Welcome back to crazy little things! I hope everyone is doing ok and if you are not, well that is ok too because you don’t have to be ok all the time as you are only human. Growing up really wasn’t what I thought it would be! I had visions of eating what I like buying what I like and endless days and nights that reflected episodes of Friends. instead, it bought anxiety, bills and a shit load of problems. Why don’t they show that on Friends, like an episode where Rachel’s trying to figure out how to pay rent, her phone bill on her shitty wage and having an anxiety attack which then snowballs into comfort eating and crying in her shower? Where is that episode? Or the one where Chandler threatens to kick Joey out as he hasn’t paid any rent and Joey ends up breaking down and crying to Chandler about his depression over not getting anywhere with his dream. So yeah, thank’s TV.
Can you tell I have had a bad day!? Well, Looks like I am signing off work again and in a way, I know it is the right thing to do but I just wish things were different. As it hasn’t been my day, month, or even my year.

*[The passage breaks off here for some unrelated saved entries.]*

-- ===== src/EslIter/Steps.antt =====
-- src/esl-iter.c: the steps of the iterators in a well-formed signature list.
use native.Mathlib.Nat.{mul-mod_right, mul-div_cancel_left, mul-le-mul_left, mul-le-mul_right}
use efivar.Common.{
  ℕ, suc, ◌+◌, ◌-◌, ◌*◌, ◌/◌, ◌%◌, ◌^◌, ◌≤◌, ◌<◌, ◌≡◌, refl, ap, ◌∙◌, true, false, Bool, Option,
  some, List, [], ◌∷◌, ◌++◌, length, leb, ltb, ◌==◌, arith, length-append,
}
use efivar.Common.Words.{u32}
use efivar.Common.Outcome.{ok, ◌>>=◌}
use efivar.Common.Memory.{load}
use efivar.Variable.Import.{minus64}
use efivar.EslIter.{
  ListIter, EslIter, bound_list, list_at, advance, list_end, list_next, esl_list_iter_next,
  next_from, current, esl_list_signature_list_size, esl_list_header_size, esl_list_sig_size,
  esl_list_get_type, Entry, iter_end, iter_next, entry_at, first_entry, next_entry, esl_iter_next,
}
use efivar.EslIter.Layout.{Signature, SigList, list_size, IsSigList}
use efivar.EslIter.Places.{
  memory, load-type, load-list_size, load-header_size, load-sig_size, load-head, is_zero-head,
  load-owner, load-contents, sizes, esd, sig_size_fits,
}

-- The iterator in a list behind some bytes.
module _ (c : Bool) (l : SigList) (h : IsSigList l) (before : List ℕ) (back : List (List ℕ))
    (len : ℕ) (whole : length before + list_size l ≤ len) where
  abbrev pub at_list : ListIter
  at_list = record {
    buf = memory l h before back;
    len = len;
    offset = length before;
    esl = some (length before);
  }

  abbrev pub in_list : ℕ → ℕ → ℕ → EslIter
  in_list line esd i = record {
    iter = at_list;
    line = line;
    esd = esd;
    nmemb = length l.entries;
    i = i;
  }

  pub bound_fact :
      (esl : Option ℕ)
      → bound_list c (record at_list { esl = esl }) (length before)
        ≡ ok (record at_list { esl = esl })
  unfolding bound_list
  bound_fact esl = ground (arith, load-list_size l h before back)

  list_size_fact : esl_list_signature_list_size at_list ≡ ok (list_size l)
  unfolding esl_list_signature_list_size current
  list_size_fact = ground (arith, load-list_size l h before back)

  header_size_fact : esl_list_header_size at_list ≡ ok (length l.header)
  unfolding esl_list_header_size current
  header_size_fact = load-header_size l h before back

  sig_size_fact : 0 < l.sig_size → esl_list_sig_size at_list ≡ ok l.sig_size
  unfolding esl_list_sig_size current
  sig_size_fact pos = ground (arith, load-sig_size l h before back)

  type_fact : esl_list_get_type at_list ≡ ok l.type
  unfolding esl_list_get_type current
  type_fact = load-type l h before back

  pub list_at_fact :
      list_at c at_list (length before)
      ≡ ok (list_next at_list l.type (length before + (28 + length l.header)) l.sig_size)
  unfolding list_at
  list_at_fact = rw (load-head l h before back) (
      rw (is_zero-head l h before back) (
        rw (bound_fact (some (length before))) (
          rw (load-header_size l h before back)
            (rw (load-type l h before back) (rw (load-sig_size l h before back) refl)))))

  abbrev pub place : ℕ → ℕ
  place k = length before + (28 + length l.header) + l.sig_size * k

  abbrev pub entry : Bool → ℕ → Signature → Entry
  entry new_list p s = record {
    new_list = new_list;
    type = l.type;
    owner = s.owner;
    at = p + 16;
    len = l.sig_size - 16;
  }

  module _ (pre : List Signature) (s : Signature) (post : List Signature)
      (cut : l.entries ≡ pre ++ (s ∷ post)) where
    entry_fact :
        (line i : ℕ) (new_list : Bool)
        → entry_at (in_list line (place (length pre)) i) new_list l.sig_size
          ≡ ok (
              iter_next
                (in_list line (place (length pre)) i)
                (entry new_list (place (length pre)) s))
    unfolding entry_at minus64
    entry_fact line i new_list = rw type_fact (
        rw (load-owner l h before back pre s post cut) (
          ap
            (λ (n : ℕ). ok (
              iter_next (in_list line (place (length pre)) i)
                (record (entry new_list (place (length pre)) s) { len = n })))
            less))
      where
        less : minus64 l.sig_size 16 ≡ l.sig_size - 16
        less =
            omega (arith, (sizes l h before back pre s post cut).1, sig_size_fits l h before back)

    pub contents_fact :
        load (place (length pre) + 16) (l.sig_size - 16) (memory l h before back) ≡ ok s.contents
    contents_fact = load-contents l h before back pre s post cut

    inside_fact :
        (place (length pre + 1) ≤ len) × (0 < l.sig_size) × (length pre < length l.entries)
    inside_fact =
        let count : length l.entries ≡ length pre + suc (length post) =
          ap length cut ∙ length-append pre (s ∷ post) in
        (
          omega (
            arith,
            whole,
            count,
            mul-le-mul_left {m = length pre + 1} {n = length l.entries} l.sig_size
                (omega (arith, count)),
          ),
          omega (arith, (sizes l h before back pre s post cut).1),
          omega (arith, count),
        )

    pub count_small : length l.entries < 2 ^ 32
    count_small = omega (
      arith,
      h.fits,
      mul-le-mul_right {m = 1} {n = l.sig_size} (length l.entries) (omega (arith, inside_fact.1)),
    )

    -- The step to an entry that is not the first of its list.
    pub step_inside :
        (k line : ℕ)
        → length pre ≡ suc k
        → esl_iter_next c (in_list line (place k) k)
          ≡ ok (
              iter_next
                (in_list (line + 1) (place (length pre)) (length pre))
                (entry false (place (length pre)) s))
    unfolding esl_iter_next next_entry
    step_inside k line e = rw counter (
        rw other (
          rw (sig_size_fact inside_fact.1)
            (rw list_size_fact (rw within (rw moved (entry_fact (line + 1) (length pre) false))))))
      where
        counter : u32 (k + 1) ≡ length pre
        counter = omega (arith, e, inside_fact.2, count_small)

        other : (length pre == length l.entries) ≡ false
        other = ground (arith, inside_fact.2)

        moved : place k + l.sig_size ≡ place (length pre)
        moved = omega (arith, ap (λ (n : ℕ). l.sig_size * n) e)

        within : leb (place k + l.sig_size) len ≡ true
        within = ground (arith, moved, inside_fact.0)

  -- The step to the first entry of a list that the list iterator has moved to.
  pub step_first :
      (s : Signature) (post : List Signature) (it : EslIter)
      → l.entries ≡ s ∷ post
      → first_entry it at_list (length before + (28 + length l.header))
        ≡ ok (iter_next (in_list it.line (place 0) 0) (entry true (place 0) s))
  unfolding first_entry minus64
  step_first s post it cut =
      ap (first_entry it at_list) start
      ∙ (rw header_size_fact (
          rw (sig_size_fact (inside_fact [] s post cut).1) (
            rw list_size_fact
              (rw room (rw divides (rw count (entry_fact [] s post cut it.line 0 true)))))))
    where
      start : length before + (28 + length l.header) ≡ place 0
      start = omega arith

      room : minus64 (minus64 (list_size l) 28) (length l.header) ≡ l.sig_size * length l.entries
      room = omega (arith, h.fits)

      divides : (l.sig_size * length l.entries % l.sig_size == 0) ≡ true
      divides = ground (arith, mul-mod_right l.sig_size (length l.entries))

      count : l.sig_size * length l.entries / l.sig_size ≡ length l.entries
      count = mul-div_cancel_left (length l.entries) (inside_fact [] s post cut).1

  -- Behind the last entry the list iterator goes on: to the end of the buffer, or to the next list.
  pub last_entry :
      (k line : ℕ)
      → suc k ≡ length l.entries
      → length l.entries < 2 ^ 32
      → len < 2 ^ 32
      → esl_iter_next c (in_list line (place k) k) ≡ (
          advance c at_list (length before) >>= λ r. elim r [
            | list_end iter ↦
                ok (iter_end (record (in_list (line + 1) (place k) 0) { iter = iter }))
            | list_next iter type esd n ↦
                first_entry (in_list (line + 1) (place k) (suc k)) iter esd
          ])
  unfolding esl_iter_next esl_list_iter_next next_from
  last_entry k line e few small = rw counter (rw same (rw inside refl))
    where
      counter : u32 (k + 1) ≡ suc k
      counter = omega (arith, e, few)

      same : (suc k == length l.entries) ≡ true
      same = ground (arith, e)

      inside : ltb (u32 (length before)) len ≡ true
      inside = ground (arith, whole, small)

  pub advance_end :
      length before + list_size l ≡ len
      → len < 2 ^ 32
      → advance c at_list (length before)
        ≡ ok (list_end (record at_list { offset = length before + list_size l }))
  unfolding advance
  advance_end e small =
      rw (bound_fact (some (length before))) (rw (load-list_size l h before back) (rw at_end refl))
    where
      at_end : leb len (u32 (length before + list_size l)) ≡ true
      at_end = ground (arith, e, small)

  pub advance_next :
      length before + list_size l < len
      → len < 2 ^ 32
      → advance c at_list (length before)
        ≡ list_at c
            (record at_list {
              offset = length before + list_size l;
              esl = some (length before + list_size l);
            })
            (length before + list_size l)
  unfolding advance
  advance_next lt small =
      rw (bound_fact (some (length before))) (rw (load-list_size l h before back) (rw not_yet refl))
    where
      not_yet : leb len (u32 (length before + list_size l)) ≡ false
      not_yet = ground (arith, lt, small)
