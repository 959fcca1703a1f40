-- ===== src/Catalog/Licenses/Once.antt =====
-- One license for one order: services/catalog/internal/adapters/pg/license_repository.go.
use gosplash.Prelude.{
  ℕ, String, List, Option, none, some, eq_iff, ◌≡◌, refl, ap, ◌∙◌, sym, Bool-cases, inl, inr, subst,
  All, ◌∷◌, suc, [], zero,
}
use gosplash.Prelude.Int.{ℤ}
use gosplash.Catalog.Licenses.{
  License, Atomic, find_license, insert_unless, act_all, LicenseEnv, Licenses, arrive, read_license,
  winner, after_insert, insert_new, after_select, grant, write_rows, as_of, act,
}
use gosplash.Catalog.Licenses.Holds.{Holds, insert-Holds, act-Holds}

-- A license that is there.
there : (o : String) (l : License) (ls : List License) → find_license o ls ≡ some l → Holds o l ls
there o l ls h = record {
  held = l;
  found = h;
  same_id = refl;
  same_listing = refl;
  same_buyer = refl;
}

module _ (o : String) where
  -- Whatever license of the order an earlier table had, the table still has, but for its status.
  unfoldable pub Grown : Licenses → Type 0
  Grown w = All (λ old. (x : License) → find_license o old ≡ some x → Holds o x w.rows) w.past

  -- One state follows another: licenses stay, and earlier tables are still no more than the table.
  abbrev After : Licenses → Licenses → Type 0
  After w w' = (Grown w → Grown w') × ((l : License) → Holds o l w.rows → Holds o l w'.rows)

  After-trans : (u v w : Licenses) → After u v → After v w → After u w
  After-trans u v w (f, g) (f', g') = (λ h. f' (f h), λ l h. g' l (g l h))

  All-weaken :
      (P Q : List License → Type 0)
      → ((x : List License) → P x → Q x)
      → (xs : List (List License)) → All P xs
      → All Q xs
  All-weaken P Q f [] h = tt
  All-weaken P Q f (x ∷ xs) (h, hs) = (f x h, All-weaken P Q f xs hs)

  write-After :
      (ls : List License) (w : Licenses)
      → ((l : License) → Holds o l w.rows → Holds o l ls)
      → After w (write_rows ls w)
  unfolding write_rows Grown
  write-After ls w keeps = (
    λ grown. (
      λ x h. keeps x (there o x w.rows h),
      All-weaken (λ old. (x : License) → find_license o old ≡ some x → Holds o x w.rows)
          (λ old. (x : License) → find_license o old ≡ some x → Holds o x ls)
          (λ old f x h. keeps x (f x h)) w.past grown,
    ),
    keeps,
  )

  act_all-After : (acts : List Atomic) (w : Licenses) → After w (act_all acts w)
  unfolding act_all
  act_all-After [] w = (λ h. h, λ l h. h)
  act_all-After (a ∷ rest) w =
      let w' = write_rows (act a w.rows) w in
      After-trans w w' (act_all rest w')
        (write-After (act a w.rows) w (λ l. act-Holds o l a w.rows)) (act_all-After rest w')

  -- A license found in an earlier table is in the table.
  as_of-Holds :
      (n : ℕ) (now : List License) (past : List (List License)) (x : License) (rows : List License)
      → ((y : License) → find_license o now ≡ some y → Holds o y rows)
      → All (λ old. (y : License) → find_license o old ≡ some y → Holds o y rows) past
      → find_license o (as_of n now past) ≡ some x
      → Holds o x rows
  unfolding as_of
  as_of-Holds zero now past x rows f grown h = f x h
  as_of-Holds (suc n) now [] x rows f grown h = f x h
  as_of-Holds (suc n) now (before ∷ past) x rows f (g, gs) h =
      as_of-Holds n before past x rows g gs h

  -- What a call answers is the license of the order in the table, but for its status.
  abbrev Granted : Option License × Licenses → Type 0
  Granted result = (l : License) → result.0 ≡ some l → Holds o l result.1.rows

  -- What a SELECT finds.
  abbrev Reads : Option (Option License) × Licenses → Type 0
  Reads p = (x : License) → p.0 ≡ some (some x) → Holds o x p.1.rows

module _ (env : LicenseEnv) (o : String) where
  arrive-After : (w : Licenses) → After o w (arrive env w)
  unfolding arrive Grown
  arrive-After w = act_all-After o (env.others w.statements) w

  read_license-Reads : (w : Licenses) → Grown o w → Reads o (read_license env o w)
  unfolding read_license Grown
  read_license-Reads w grown x = elim (Bool-cases (env.sql_ok w.statements)) [
    | inr refused ↦ rw refused (λ h. cc)
    | inl ok ↦
        let w' = arrive env w in
        rw ok (λ h.
          as_of-Holds o (env.lag w.statements) w'.rows w'.past x w'.rows (λ y. there o y w'.rows)
            ((arrive-After w).0 grown) (cc))
  ]

  read_license-After : (q : String) (w : Licenses) → After o w (read_license env q w).1
  unfolding read_license
  read_license-After q w = arrive-After w

  winner-Granted : (p : Option (Option License) × Licenses) → Reads o p → Granted o (winner env p)
  unfolding winner
  winner-Granted (none, w) read l h = absurd (cc)
  winner-Granted (some none, w) read l h = absurd (cc)
  winner-Granted (some (some x), w) read l h = read l (ap some h)

  winner-After :
      (w : Licenses) (p : Option (Option License) × Licenses)
      → After o w p.1
      → After o w (winner env p).1
  unfolding winner
  winner-After w (none, u) f = f
  winner-After w (some none, u) f = f
  winner-After w (some (some x), u) f = f

  -- The new row, or the row that is there.
  after_insert-After :
      (x : License) (found : Option License) (w : Licenses)
      → find_license x.order_id w.rows ≡ found
      → After o w (after_insert env x found w).1
  unfolding after_insert
  after_insert-After x none w e =
      write-After o (insert_unless none x w.rows) w
        (λ l h. subst (λ f. Holds o l (insert_unless f x w.rows)) e (insert-Holds o l x w.rows h))
  after_insert-After x (some old) w e =
      winner-After w (read_license env x.order_id w) (read_license-After x.order_id w)

  insert_new-After : (x : License) (w : Licenses) → After o w (insert_new env x w).1
  unfolding insert_new
  insert_new-After x w = elim (Bool-cases (env.sql_ok w.statements)) [
    | inr refused ↦ rw refused (arrive-After w)
    | inl ok ↦
        let w' = arrive env w in
        let found = find_license x.order_id w'.rows in
        rw ok (
          After-trans o w w' (after_insert env x found w').1 (arrive-After w)
            (after_insert-After x found w' refl))
  ]

  after_select-After :
      (x : License) (w : Licenses) (p : Option (Option License) × Licenses)
      → After o w p.1
      → After o w (after_select env x p).1
  unfolding after_select
  after_select-After x w (none, u) f = f
  after_select-After x w (some none, u) f =
      After-trans o w u (insert_new env x u).1 f (insert_new-After x u)
  after_select-After x w (some (some old), u) f = f

  grant-After :
      (id listing : String) (buyer : ℤ) (q : String) (w : Licenses)
      → After o w (grant env id listing buyer q w).1
  unfolding grant
  grant-After id listing buyer q w =
      after_select-After _ w (read_license env q w) (read_license-After q w)

  after_insert-Granted :
      (x : License) (found : Option License) (w : Licenses)
      → x.order_id ≡ o
      → Grown o w
      → Granted o (after_insert env x found w)
  unfolding after_insert insert_unless write_rows
  after_insert-Granted x none w mine grown l h =
      let same : x ≡ l = cc in
      there o l (x ∷ w.rows) (rw (find_license, (eq_iff x.order_id o).1 mine) (ap some same))
  after_insert-Granted x (some old) w mine grown l h =
      winner-Granted (read_license env x.order_id w)
        (subst (λ q. Reads o (read_license env q w)) (sym mine) (read_license-Reads w grown)) l h

  insert_new-Granted :
      (x : License) (w : Licenses) → x.order_id ≡ o → Grown o w → Granted o (insert_new env x w)
  unfolding insert_new
  insert_new-Granted x w mine grown = elim (Bool-cases (env.sql_ok w.statements)) [
    | inr refused ↦ rw refused (λ l h. absurd (cc))
    | inl ok ↦
        let w' = arrive env w in
        rw ok (
          after_insert-Granted x (find_license x.order_id w'.rows) w' mine
            ((arrive-After w).0 grown))
  ]

  after_select-Granted :
      (x : License) (p : Option (Option License) × Licenses)
      → x.order_id ≡ o
      → Grown o p.1
      → Reads o p
      → Granted o (after_select env x p)
  unfolding after_select
  after_select-Granted x (none, w) mine grown read l h = absurd (cc)
  after_select-Granted x (some none, w) mine grown read l h = insert_new-Granted x w mine grown l h
  after_select-Granted x (some (some old), w) mine grown read l h = read l (ap some h)

  grant-Granted :
      (id listing : String) (buyer : ℤ) (w : Licenses)
      → Grown o w
      → Granted o (grant env id listing buyer o w)
  unfolding grant
  grant-Granted id listing buyer w grown =
      after_select-Granted _ (read_license env o w) refl ((read_license-After o w).0 grown)
        (read_license-Reads w grown)

-- However statements fail, however far the replica is behind whenever it answers a SELECT, and
-- whatever other calls for any order do between the statements and between the calls: when `Grant`
-- has answered a license for an order, every later `Grant` for that order that answers has a license
-- with the same id, listing and buyer, whatever it was asked for. The earlier tables that a replica
-- may still show must have no license of the order but the one that the table has.
pub grants_agree :
    (env later : LicenseEnv) (order_id id id' listing listing' : String) (buyer buyer' : ℤ)
    (acts : List Atomic) (n : ℕ) (w : Licenses) (l l' : License)
    → Grown order_id w
    → let first = grant env id listing buyer order_id w in
      let next : Licenses = record (act_all acts first.1) { statements = n } in
      first.0 ≡ some l
      → (grant later id' listing' buyer' order_id next).0 ≡ some l'
      → (l'.id ≡ l.id) × (l'.listing_id ≡ l.listing_id) × (l'.buyer_id ≡ l.buyer_id)
unfolding Grown
grants_agree env later o id id' listing listing' buyer buyer' acts n w l l' grown one two =
    let first = grant env id listing buyer o w in
    let between = act_all-After o acts first.1 in
    let next : Licenses = record (act_all acts first.1) { statements = n } in
    let grown' : Grown o next = between.0 ((grant-After env o id listing buyer o w).0 grown) in
    let kept = between.1 l (grant-Granted env o id listing buyer w grown l one) in
    let h = (grant-After later o id' listing' buyer' o next).1 l kept in
    let h' = grant-Granted later o id' listing' buyer' next grown' l' two in
    let again : some h'.held ≡ some h.held = sym h'.found ∙ h.found in
    let same : h'.held ≡ h.held = cc in
    (
      sym h'.same_id ∙ (ap (λ x. x.id) same ∙ h.same_id),
      sym h'.same_listing ∙ (ap (λ x. x.listing_id) same ∙ h.same_listing),
      sym h'.same_buyer ∙ (ap (λ x. x.buyer_id) same ∙ h.same_buyer),
    )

So today’s tip of the day is –
Don’t count yourself out just yet.
Now, this is not me telling you some positivity-wisdom quotes about how things can only get better and every cloud has a silver lining. No, this is me telling you from experience that the battle doesn’t have to be over yet. I know it may feel like it and the easy option is to just stop trying because you are tired and had enough of the struggle. you have got this far right and you got this far for a reason, you are a fucking badass mother fucker. I don’t know what you are going through and I can’t even try to imagine the pain you have experienced but I can tell you that your story is not over, this is just one chapter.
Life will give you many chapters some great and some fucking awful and somewhere you just learn from the shit that has happened. Right now my depression and anxiety are screaming at me to give up but I just can’t. so we may be down but we and can rise again. So don’t count yourself out just yet.